E se la musica di Bad Bunny fosse stata la migliore risposta dei portoricani agli eccessi di Donald Trump, presidente eletto degli Stati Uniti, di cui uno degli autisti aveva descritto il Paese “isola galleggiante della spazzatura” durante un incontro al Madison Square Garden di New York, il 27 ottobre 2024?

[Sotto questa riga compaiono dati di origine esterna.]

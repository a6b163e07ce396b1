-- ===== src/Controller/Builder.antt =====
-- The calls of `build` on the decryptor and on kustomize, and the choice of a client.
use fork_kustomize_controlle.Prelude.{
  String, Bool, not, ◌||◌, none, some, ◌==◌, is_some, if◌then◌else◌,
}
use fork_kustomize_controlle.Errors.{Arg, Result, ok, err, wrapf}
use fork_kustomize_controlle.Api.{Kustomization}
use fork_kustomize_controlle.Controller.{
  Reconciler, Impersonation, client_built, generated, built, sources_decrypted, Env, Exec, pure,
  raise, lift, call, check, attempt, get_state, ◌>>=◌, ◌>>◌,
}
use fork_kustomize_controlle.Controller.Building.{build_resources}

-- `mustImpersonate` and the options of the impersonator; `polls` says that a poller is configured.
unfoldable pub impersonation : Reconciler → Kustomization → Bool → Impersonation
impersonation r obj polls =
    let accounts =
      not (r.default_service_account == "") || not (obj.spec.service_account_name == "") in
    record {
      must_impersonate = accounts || is_some obj.spec.kube_config;
      service_account =
          if accounts
          then some (r.default_service_account, obj.spec.service_account_name, obj.namespace)
          else none;
      kube_config = is_some obj.spec.kube_config;
      polling = polls;
    }

module _ (r : Reconciler) (env : Env) where
  -- With nothing to impersonate the controller's own client serves, and no error arises.
  unfoldable pub build_client : Impersonation → Exec (Unit {0})
  build_client i =
      if i.must_impersonate
      then call (client_built i) (λ h. env.get_client h i) >>= check
      else pure tt

  unfoldable pub generate : Kustomization → String → Exec (Unit {0})
  generate obj dir_path = call (generated dir_path) (λ h. env.write_file h obj dir_path) >>= check

  abbrev built_or_failed {ℓ} : {A : Type ℓ} → Result A → Result A
  built_or_failed (ok a) = ok a
  built_or_failed (err e) = err (wrapf (Arg.str "kustomize build failed: %w") e)

  -- `build`; the options of the decryptor are in its parameters
  unfoldable pub build : Kustomization → String → String → Exec String
  build obj work_dir dir_path = do
    s ← get_state
    check (env.new_decryptor s.history)
    check (env.import_keys s.history)
    attempt (call (sources_decrypted dir_path) (λ h. env.decrypt_sources h dir_path) >>= check)
        (λ e. raise (wrapf (Arg.str "error decrypting sources: %w") e))
    m ← call (built dir_path) (λ h. env.secure_build h work_dir dir_path (not r.no_remote_bases))
    resources ← lift (built_or_failed m)
    final ← lift (build_resources r env obj resources)
    lift (built_or_failed (env.as_yaml final))
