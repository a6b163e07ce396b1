-- ===== src/Controller/Sources.antt =====
-- `getSource`, `getOriginRevision`, and the predicate on source updates.
pub mod Access
use fork_kustomize_controlle.Prelude.{
  String, Bool, true, false, not, ◌&&◌, ◌||◌, Option, none, some, ◌==◌, if◌then◌else◌, is_some,
}
use fork_kustomize_controlle.Errors.{
  Err, Arg, Args, Result, ok, err, wrapf, errorf, access_denied, sprintf₁, sprintf₂, sprintf₃, nil,
  arg,
}
use fork_kustomize_controlle.Api.{Kustomization}
use fork_kustomize_controlle.Controller.{
  Reconciler, Reader, cached, direct, NamespacedName, Source, Artifact, get_label, got_source, Env,
  Exec, pure, raise, lift, call, attempt, ◌>>=◌,
}

abbrev pub oci_repository_kind : String
oci_repository_kind = "OCIRepository"

abbrev pub git_repository_kind : String
git_repository_kind = "GitRepository"

abbrev pub bucket_kind : String
bucket_kind = "Bucket"

abbrev pub external_artifact_kind : String
external_artifact_kind = "ExternalArtifact"

unfoldable pub source_namespace : Kustomization → String
source_namespace obj =
    if not (obj.spec.source_ref.namespace == "")
    then obj.spec.source_ref.namespace
    else obj.namespace

unfoldable pub source_name : Kustomization → NamespacedName
source_name obj = record { namespace = source_namespace obj; name = obj.spec.source_ref.name }

-- the text of a `NamespacedName`
abbrev pub name_arg : NamespacedName → Arg
name_arg n = sprintf₂ "%s/%s" n.namespace n.name

-- The kinds of the cases of the `switch`.
abbrev pub is_source_kind : String → Bool
is_source_kind k =
    k == oci_repository_kind
    || (k == git_repository_kind || (k == bucket_kind || k == external_artifact_kind))

module _ (r : Reconciler) (env : Env) where
  abbrev pub source_reader : Reader
  source_reader = if r.direct_source_fetch then direct else cached

  -- One case of the `switch`; the four differ in the type of the object alone.
  unfoldable pub read_source : String → NamespacedName → Exec Source
  read_source kind name =
      attempt
        (call (got_source source_reader kind name) (λ h. env.get_source h source_reader kind name)
          >>= lift)
        λ e.
          if env.is_not_found e
          then raise e
          else raise (wrapf (printf₁ "unable to get source '%s'" name) e)
    where
      printf₁ : String → NamespacedName → Arg
      printf₁ f n = Arg.printf f (arg (name_arg n) nil)

  unfoldable pub get_source : Kustomization → Exec Source
  unfolding read_source source_namespace source_name
  get_source obj =
      let kind = obj.spec.source_ref.kind in
      if r.no_cross_namespace_refs && not (source_namespace obj == obj.namespace)
      then raise (
          access_denied (
            Arg.printf "can't access '%s/%s', cross-namespace references have been blocked"
              (arg (Arg.str kind) (arg (name_arg (source_name obj)) nil))))
      else if kind == external_artifact_kind && not r.allow_external_artifact
      then raise (
          access_denied (
            Arg.printf "can't access '%s/%s', ExternalArtifact feature gate is disabled"
              (arg (Arg.str kind) (arg (name_arg (source_name obj)) nil))))
      else if is_source_kind kind
      then read_source kind (source_name obj)
      else raise
          (errorf (sprintf₂ "source `%s` kind '%s' not supported" obj.spec.source_ref.name kind))

  -- `getOriginRevision`
  unfoldable pub get_origin_revision : Source → String
  get_origin_revision src = elim src.artifact [
    | none ↦ ""
    | some a ↦ get_label "org.opencontainers.image.revision" a.metadata
  ]

  -- `Update` of SourceRevisionChangePredicate (internal/controller/source_predicate.go). An object
  -- that is nil or no source is `none`.
  unfoldable pub update : Option Source → Option Source → Bool
  update none new = false
  update (some old) none = false
  update (some old) (some new) = artifacts old.artifact new.artifact
    where
      artifacts : Option Artifact → Option Artifact → Bool
      artifacts none none = false
      artifacts none (some b) = true
      artifacts (some a) none = false
      artifacts (some a) (some b) = not (env.has_revision a b.revision)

Il successo di questo artista, uno dei più ascoltati al mondo insieme a Taylor Swift, The Weeknd e Kendrick Lamar, è una feroce risposta a questa metafora razzista pronunciata durante questo evento. Bad Bunny, il cui vero nome è Benito Antonio Martinez Ocasio, ha pubblicato il suo nuovo album domenica 5 gennaio, il giorno prima del Dia de Reyes (Giorno dei Re), la festa emblematica del suo paese, Avrei dovuto fare più foto (“Avrei dovuto fare più foto”). Fin dai suoi modesti esordi sulla piattaforma SoundCloud, il rapper portoricano, 30 anni, naviga tra reggaeton e hip-hop, pop e salsa, ed è riuscito a conquistare la cultura popolare anglosassone, rimanendo fedele alla sua lingua, lo spagnolo, una lingua vero manifesto contro il monopolio della cultura pop americana.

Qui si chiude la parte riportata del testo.